- Born: Helen E. Weiner November 7, 1911 Columbus, Ohio, U.S.
- Died: December 16, 2006 (aged 95) Columbus, Ohio, U.S.
- Occupation: News presenter
- Spouse: Charles Zelkowitz ​(m. 1933)​

= Helen Zelkowitz =

American broadcaster

Helen E. Weiner Zelkowitz (November 7, 1911 – December 16, 2006) was an American broadcaster, the co-founder of two radio stations, and a member of the Ohio Women's Hall of Fame.

==Early years==
Zelkowitz was born and raised in Columbus, Ohio.

== Broadcasting ==
On May 26, 1951, Zelkowitz and her husband, Charles, began WMVO-FM, a radio station in Mount Vernon, Ohio. They complemented that station with the launching of WMVO (AM) in Mount Vernon two years later. In 1972, they expanded their media holdings with the creation of Mount Vernon Cablevision.

Zelkowitz was involved with the two stations in a variety of ways, from being president of the business to being sales manager, general manager, and community director. After the creation of Mount Vernon Cablevision, she served as chairperson of the board of the three operations' umbrella organization, Mount Vernon Broadcasting Company. On the air, she was host of the Coffee Cup program, described as "an intimate daily portrait of Knox County life", for 44 years. She was estimated to have broadcast 11,440 episodes of that program.

== Civic activities ==
In 1977, Zelkowitz was appointed to a three-year term as a member of the Ohio State Newark Campus Citizens Advisory Council.

Zelkowitz and her family played a key role in creating the Food for the Hungry Drive in 1981. She also was charter president of the Mount Vernon chapter of Soroptimist International.

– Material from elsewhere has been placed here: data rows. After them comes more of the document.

-- ===== src/Server/Process.antt =====
-- The server's main thread in programs/Server/src/server_main.cpp from the listener on: the loop that
-- accepts clients, and the shutdown, which a signal may ask for at any moment.
pub mod Owned
pub mod Shutdown
mod Tests
use dcn1003_group.Base.{ℕ, Bool, true, false, Option, none, some, List, [], ◌∷◌, if◌then◌else◌}
use dcn1003_group.Platform.{Platform}
use dcn1003_group.Connect.{Winsock, close_valid}

-- Where the main thread is: before the test of `g_running` in the `while`, in `accept`, behind an
-- `accept` that failed, behind the loop, and at the end.
pub data Stage : Type 0 where
  checking accepting refused stopping stopped : Stage

-- What happens next: a signal, whose handler runs to its end, or a step of the main thread.
pub data Event : Type 0 where
  signal go : Event

-- `listen` is `g_listen_sock`, and `clients` are the sockets that were handed to a thread of
-- `handle_client`.
pub record State (p : Platform) : Type 0 where
  pub stage : Stage
  pub running : Bool
  pub listen : Option ℕ
  pub listen_sock : ℕ
  pub clients : List ℕ
  pub net : p.Net

module _ {p : Platform} (w : Winsock p) where
  -- `g_listen_sock.exchange(INVALID_SOCKET)`, and `closesocket` of what it held.
  abbrev pub close_listener : State p → State p
  close_listener s = record s { listen = none; net = close_valid w s.listen s.net }

  unfoldable pub request_shutdown : State p → State p
  request_shutdown s = record (close_listener s) { running = false }

  -- What follows `accept`: a client is handed to its thread.
  abbrev pub accepted : Option ℕ × p.Net → State p → State p
  accepted (none, n) s = record s { stage = Stage.refused; net = n }
  accepted (some client, n) s = record s {
    stage = Stage.checking;
    clients = client ∷ s.clients;
    net = n;
  }

  -- A step of the main thread; `accept` is the call on a socket, with the client's socket if it succeeds.
  abbrev pub step_at : (ℕ → p.Net → Option ℕ × p.Net) → Stage → State p → State p
  step_at accept Stage.checking s =
      if s.running
      then record s { stage = Stage.accepting }
      else record s { stage = Stage.stopping }
  step_at accept Stage.accepting s = accepted (accept s.listen_sock s.net) s
  step_at accept Stage.refused s =
      if s.running then record s { stage = Stage.checking } else record s { stage = Stage.stopping }
  step_at accept Stage.stopping s = record (close_listener s) { stage = Stage.stopped }
  step_at accept Stage.stopped s = s

  unfoldable pub step : (ℕ → p.Net → Option ℕ × p.Net) → Event → State p → State p
  step accept Event.signal s = request_shutdown s
  step accept Event.go s = step_at accept s.stage s

  -- The steps in the order in which they happen.
  unfoldable pub run_server : (ℕ → p.Net → Option ℕ × p.Net) → List Event → State p → State p
  run_server accept [] s = s
  run_server accept (e ∷ events) s = run_server accept events (step accept e s)

-- Behind `create_listener`, which gave this socket.
abbrev pub listening : {p : Platform} → ℕ → p.Net → State p
listening s n = record {
  stage = Stage.checking;
  running = true;
  listen = some s;
  listen_sock = s;
  clients = [];
  net = n;
}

In 2001, Zelkowitz donated $50,000 to Kenyon College to establish the Zelkowitz Family Kenyon Hillel Endowment Fund to support Jewish studies and Jewish education at the college.

==Personal life==
She married Charles Zelkowitz on February 13, 1933.

==Death==
On December 16, 2006, Zelkowitz died at Grant Hospital in Columbus, Ohio, after being injured as a passenger in a single-car accident. She was 95 years old.

== Recognition ==
In 1971, Zelkowitz was recognized by the Hi-O chapter of the American Women in Radio and Television for her contributions to the broadcasting industry. She was also the first recipient of the Woman Broadcaster of the Year from the Ohio Assistant of Broadcasters.

In 1997, Zelkowitz became a member of the Ohio Women's Hall of Fame.